AI diligence is increasingly distilled into the R&W package, with provisions focused on training datasets and non-infringement, tool dependencies, model and output ownership, and controls aimed at AI-specific failure modes. In physical AI transactions, these provisions sit alongside product-liability representations addressing claims history, regulatory compliance, and recalls. Together, these trends reflect a broader shift: in modern AI M&A, enterprise value is determined not solely by what the company owns at signing, but by whether the buyer can lawfully, safely, and sustainably operate and evolve the acquired system over time.

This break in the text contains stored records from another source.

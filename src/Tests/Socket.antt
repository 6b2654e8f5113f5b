-- ===== src/Tests/Socket.antt =====
-- The theorems on connections, frames, send queues and scopes, each applied to concrete data.
use juce_simpleweb.Prelude.{
  ℕ, ◌+◌, ◌≤◌, ◌<◌, ◌≡◌, ◌⊎◌, refl, true, false, none, some, List, [], ◌∷◌, ◌++◌, arith, Bytes,
  codes, All,
}
use juce_simpleweb.Frame.{size_t_mod, client_frame}
use juce_simpleweb.SendQueue
use juce_simpleweb.SendQueue.{SendQueue, Op, empty, run}
use juce_simpleweb.SendQueue.Delivery.{run-delivers}
use juce_simpleweb.SendQueue.Traffic.{
  IsHealthy, wanted, names, pending, callbacks, behind, messages,
}
use juce_simpleweb.WsServer
use juce_simpleweb.WsServer.{
  InMessage, message_size, fails, Reading, no_read, read_head, read_content, Event, pinged, ponged,
  received, closes, Connection, close_message, told, set_timeout, cancel_timeout,
}
use juce_simpleweb.WsServer.Reader.{
  on_read, handle_frame, read_message, read_message_content, opcode,
}
use juce_simpleweb.WsServer.Transport.{Delivers, Delivers-client_frame, receive, four, waiting}
use juce_simpleweb.WsServer.Messages.{frame_of, after_message}
use juce_simpleweb.WsServer.Fragments.{frames, Delivers-fragments}
use juce_simpleweb.WsServer.Limits.{
  frame_for, unmasked_refused, unmasked_reason, size_checked, checked_size, TooBig,
  size_check_wraps, Answer,
}
use juce_simpleweb.WsServer.Control.{after_control, Delivers-ping, Delivers-close}
use juce_simpleweb.Tests.{waiting_connection, hello, there, end_mark}

abbrev text_message : Bytes
text_message = codes "Hello, there!"

Delivers-fragments_example :
    Delivers waiting_connection
      (frame_of 1 hello ++ (frames (there ∷ []) ++ frame_of 128 end_mark))
      (after_message 129 13 text_message waiting_connection)
Delivers-fragments_example =
    Delivers-fragments 1 hello (there ∷ []) end_mark waiting_connection refl refl (omega arith)
      ((λ e. omega arith), (λ e. omega arith), (λ e. omega arith), (λ e. omega arith)) (omega arith)
      (omega arith)

Delivers-client_frame_example :
    Delivers waiting_connection
      (client_frame 138 (four 1 2 3 4) (codes "Hi"))
      (after_control ponged true waiting_connection.queue waiting_connection)
unfolding receive handle_frame read_message set_timeout empty cancel_timeout
Delivers-client_frame_example =
    Delivers-client_frame 138 1 2 3 4 (codes "Hi") waiting_connection _ refl (omega arith)
      (omega arith, omega arith) refl

-- Two sends, of which the first completes.
abbrev two_sends : List (Op Bytes)
two_sends =
    SendQueue.send (codes "a") (some 7)
    ∷ SendQueue.send (codes "b") none
    ∷ SendQueue.complete true false
    ∷ []

run-delivers_example :
    (q : SendQueue Bytes) × (run two_sends empty ≡ some q)
    × (q.in_flight ≡ wanted q.send_queue)
    × (names q.called ++ pending q.send_queue ≡ callbacks two_sends)
    × (All IsHealthy two_sends → q.started ++ behind q.send_queue ≡ messages two_sends)
run-delivers_example = run-delivers two_sends (tt, (tt, (refl, tt)))

Delivers-ping_example :
    (q : SendQueue WsServer.Frame) × (SendQueue.enqueue
        (frame_for 138 (codes "Hello"))
        none
        waiting_connection.queue
      ≡ some q)
    × (opcode 138 ≡ 10)
    × Delivers waiting_connection
        (frame_of 137 hello)
        (after_control pinged true q waiting_connection)
Delivers-ping_example =
    Delivers-ping 137 hello waiting_connection refl refl (omega arith) refl (omega arith)
      (omega arith, omega arith)

Delivers-close_example :
    (d : Connection) × Delivers waiting_connection
      (client_frame 136 (four 4 3 2 1) (close_message 1000 (codes "bye")))
      d
    × (d.closed ≡ true)
    × (d.joined ≡ false)
    × (d.reading ≡ no_read)
    × (d.log ≡ closes 1000 (codes "bye") ∷ [])
    × Answer (close_message 1000 (codes "bye")) waiting_connection d
Delivers-close_example =
    Delivers-close 136 1000 4 3 2 1 (codes "bye") waiting_connection refl refl refl (omega arith)
      (omega arith) (omega arith, omega arith)

unmasked_refused_example :
    (d : Connection) × (on_read true none (129 ∷ 5 ∷ []) waiting_connection ≡ some d)
    × (d.closed ≡ true)
    × (d.joined ≡ false)
    × (d.reading ≡ no_read)
    × (d.log ≡ closes 1002 unmasked_reason ∷ [])
unmasked_refused_example = unmasked_refused 129 5 waiting_connection refl (omega arith)

size_checked_example :
    (checked_size 101 waiting_connection ≤ 100)
      × (read_message_content 101 129 waiting_connection
          ≡ some (waiting (read_content 101 129) waiting_connection))
    ⊎ (100 < checked_size 101 waiting_connection) × TooBig 101 129 waiting_connection
size_checked_example = size_checked 101 129 waiting_connection

-- The connection with five bytes of a message kept.
abbrev keeping_connection : Connection
keeping_connection = record waiting_connection {
  fragmented_in_message =
      some (record { fin_rsv_opcode = 129; length = 5; streambuf = codes "Hello" });
}

size_check_wraps_example :
    (n : ℕ) × (n < size_t_mod)
    × (100 < n + 5)
    × (read_message_content n 128 keeping_connection
        ≡ some (waiting (read_content n 128) keeping_connection))
size_check_wraps_example =
    size_check_wraps 128 keeping_connection
      (record { fin_rsv_opcode = 129; length = 5; streambuf = codes "Hello" }) refl (omega arith)
      (omega arith) (omega arith)
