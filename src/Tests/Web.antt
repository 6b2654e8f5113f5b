-- ===== src/Tests/Web.antt =====
-- The theorems on the HTTP server, each applied to concrete data.
use juce_simpleweb.Prelude.{
  ℕ, ◌≡◌, refl, ◌↔◌, true, false, Option, none, some, List, [], ◌∷◌, ◌++◌, if◌then◌else◌, arith,
  take, drop, Bytes, bytes_eq, codes, All,
}
use juce_simpleweb.CaseInsensitive.{Multimap, find_field, case_insensitive_equal}
use juce_simpleweb.HttpHeader.{crlf, write_fields}
use juce_simpleweb.HttpHeader.RoundTrip.{IsField}
use juce_simpleweb.Numerals.{
  stoul, read_signed, read_prefixed, read_number, read_digits, decimal_text, decimal_fuel,
}
use juce_simpleweb.RequestMessage.RoundTrip.{IsRequestLine, write_request}
use juce_simpleweb.ResponseMessage
use juce_simpleweb.ResponseMessage.{Response}
use juce_simpleweb.StatusCode.{status_text, text_of}
use juce_simpleweb.HttpServer.{runs, HttpConfig, Session, no_timer, no_read}
use juce_simpleweb.HttpServer.Routes.{find_resource}
use juce_simpleweb.HttpServer.Routing.{Routed, find_resource_iff}
use juce_simpleweb.HttpServer.Arrival.{Always}
use juce_simpleweb.HttpServer.Chunks.{Chunk, chunked}
use juce_simpleweb.HttpServer.ChunkedRequest.{HasChunks, chunked_request-Always}
use juce_simpleweb.HttpServer.Bodies.{HasRequest, request-Always}
use juce_simpleweb.HttpServer.HeadRead.{read_request, awaiting}
use juce_simpleweb.HttpServer.KeepAlive.{new_request, on_sent}
use juce_simpleweb.HttpServer.NextRequest.{next, next_request-Always}
use juce_simpleweb.HttpServer.Response.{note_field, note_fields, write_content}
use juce_simpleweb.HttpServer.Answers.{parse-write_content}
use juce_simpleweb.HttpServer.Framing.{write_content-delimits}

abbrev web_config : HttpConfig
web_config = record {
  on_error = true;
  on_upgrade = false;
  timeout_request = 5;
  timeout_content = 300;
  max_request_streambuf_size = 100;
  resource = (codes "^/echo$", (codes "POST", 1) ∷ []) ∷ [];
  default_resource = (codes "GET", 0) ∷ [];
}

abbrev matches : Bytes → Bytes → Option (List Bytes)
matches regex path = if bytes_eq path (codes "/echo") then some (path ∷ []) else none

abbrev web_session : Session
web_session = record {
  request = record {
    method = codes "POST";
    path = codes "/echo";
    query_string = [];
    version = codes "1.1";
    header = (codes "Transfer-Encoding", codes "chunked") ∷ [];
  };
  streambuf = [];
  chunk_size_streambuf = [];
  chunk_size_max = 18;
  reading = no_read;
  timer = no_timer;
  registered = true;
  log = [];
}

abbrev two_chunks : List Chunk
two_chunks =
    record { size_text = codes "5"; bytes = codes "Hello" }
    ∷ record { size_text = codes "7;x"; bytes = codes ", there" }
    ∷ []

abbrev post_fields : Multimap
post_fields = (codes "Host", codes "example.org") ∷ (codes "content-length", codes "5") ∷ []

abbrev post_line : IsRequestLine (codes "POST") (codes "/echo") none (codes "1.1")
post_line = record {
  method_free = omega arith;
  method_line = omega arith;
  path_free = omega arith;
  path_mark = omega arith;
  path_line = omega arith;
  query_free = tt;
  version_line = omega arith;
}

post_fields-IsField : All IsField post_fields
post_fields-IsField = (
  (omega arith, omega arith, omega arith, omega arith),
  ((omega arith, omega arith, omega arith, omega arith), tt),
)

abbrev chunked_fields : Multimap
chunked_fields = (codes "Transfer-Encoding", codes "chunked") ∷ []

chunked_request-Always_example :
    Always matches web_config
      (HasChunks matches web_config web_session
        (read_request
          (codes "POST")
          (codes "/echo")
          none
          (codes "1.1")
          chunked_fields
          web_session.request)
        (codes "Hello, there")
        crlf)
      (awaiting web_session (codes "POS"))
      (drop 3 (
        write_request (codes "POST") (codes "/echo") none (codes "1.1") chunked_fields
        ++ chunked two_chunks (codes "0") crlf))
unfolding stoul read_signed read_prefixed read_number read_digits find_field case_insensitive_equal
    write_fields
chunked_request-Always_example =
    chunked_request-Always matches web_config web_session (codes "POST") (codes "/echo") none
      (codes "1.1") chunked_fields two_chunks (codes "0") crlf (codes "POS") _ post_line
      ((omega arith, omega arith, omega arith, omega arith), tt) refl refl
      (
        record {
          one_line = omega arith;
          size_is = refl;
          not_empty = omega arith;
          short_line = omega arith;
        },
        (
          record {
            one_line = omega arith;
            size_is = refl;
            not_empty = omega arith;
            short_line = omega arith;
          },
          tt,
        ),
      )
      (record { one_line = omega arith; size_zero = refl; short_line = omega arith }) (omega arith)
      (omega arith) (omega arith) (omega arith) refl

request-Always_example :
    Always matches web_config
      (HasRequest matches web_config web_session
        (read_request
          (codes "POST")
          (codes "/echo")
          none
          (codes "1.1")
          post_fields
          web_session.request)
        (codes "Hello")
        (codes "GET"))
      (awaiting web_session (codes "POS"))
      (drop 3 (
        write_request (codes "POST") (codes "/echo") none (codes "1.1") post_fields
        ++ codes "HelloGET"))
unfolding stoul read_signed read_prefixed read_number read_digits find_field case_insensitive_equal
    write_fields
request-Always_example =
    request-Always matches web_config web_session (codes "POST") (codes "/echo") none (codes "1.1")
      post_fields (codes "5") (codes "Hello") (codes "GET") (codes "POS") _ post_line
      post_fields-IsField refl refl (omega arith) (omega arith) (omega arith) refl

next_request-Always_example :
    Always matches web_config
      (HasRequest matches web_config
        (next web_session)
        (read_request (codes "POST") (codes "/echo") none (codes "1.1") post_fields new_request)
        (codes "Hello")
        [])
      (on_sent web_config true none false web_session)
      (write_request (codes "POST") (codes "/echo") none (codes "1.1") post_fields ++ codes "Hello")
unfolding stoul read_signed read_prefixed read_number read_digits find_field case_insensitive_equal
    write_fields
next_request-Always_example =
    next_request-Always matches web_config web_session (codes "POST") (codes "/echo") none
      (codes "1.1") post_fields (codes "5") (codes "Hello") [] _ refl refl post_line
      post_fields-IsField refl refl (omega arith) (omega arith) refl

abbrev served_session : Session
served_session = record web_session { log = runs 1 (some (codes "/echo" ∷ [])) ∷ [] }

find_resource_iff_example :
    (find_resource matches web_config web_session ≡ served_session)
    ↔ Routed matches web_config web_session served_session
find_resource_iff_example = find_resource_iff matches web_config web_session served_session

abbrev plain_fields : Multimap
plain_fields = (codes "Content-Type", codes "text/plain") ∷ []

abbrev blank_response : Response
blank_response = record { version = []; status_code = []; header = [] }

parse-write_content_example :
    ResponseMessage.parse
      (write_content false 200 (codes "Hello") plain_fields ++ codes "HTTP")
      blank_response
    ≡ (
      true,
      record {
        version = codes "1.1";
        status_code = codes "200 OK";
        header =
            (codes "Content-Type", codes "text/plain") ∷ (codes "Content-Length", codes "5") ∷ [];
      },
      codes "HelloHTTP",
    )
unfolding status_text text_of note_fields note_field decimal_text decimal_fuel
    case_insensitive_equal
parse-write_content_example =
    parse-write_content false 200 (codes "Hello") (codes "HTTP") plain_fields blank_response
      ((omega arith, omega arith, omega arith, omega arith), tt)

write_content-delimits_example :
    (response : Response) × (text stream : Bytes) × (size : ℕ) × (ResponseMessage.parse
        (write_content false 200 (codes "Hello") plain_fields ++ codes "HTTP")
        blank_response
      ≡ (true, response, stream))
    × (find_field (codes "Content-Length") response.header ≡ some text)
    × (stoul 10 text ≡ some size)
    × (take size stream ≡ codes "Hello")
    × (drop size stream ≡ codes "HTTP")
unfolding find_field case_insensitive_equal
write_content-delimits_example =
    write_content-delimits 200 (codes "Hello") (codes "HTTP") plain_fields blank_response
      ((omega arith, omega arith, omega arith, omega arith), tt) refl (refl, tt) (omega arith)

For practitioners, these developments carry concrete implications. Sellers contemplating exits should conduct AI governance audits well before a transaction process begins, ensuring that training data provenance, tool licenses, and internal AI policies are documented and defensible. Buyers should integrate AI-specific diligence into their standard playbooks rather than treating it as a separate workstream, recognizing that AI risk cuts across IP, data, product, and regulatory inquiries. Deal timelines may extend as diligence becomes more technical, and valuation negotiations increasingly turn on the durability of AI assets rather than merely their current performance.
The next decade of AI-driven M&A will not be defined solely by data and code. It will be shaped by machines that move, act, and decide in the physical world, and by the legal architectures built to manage the risks they create.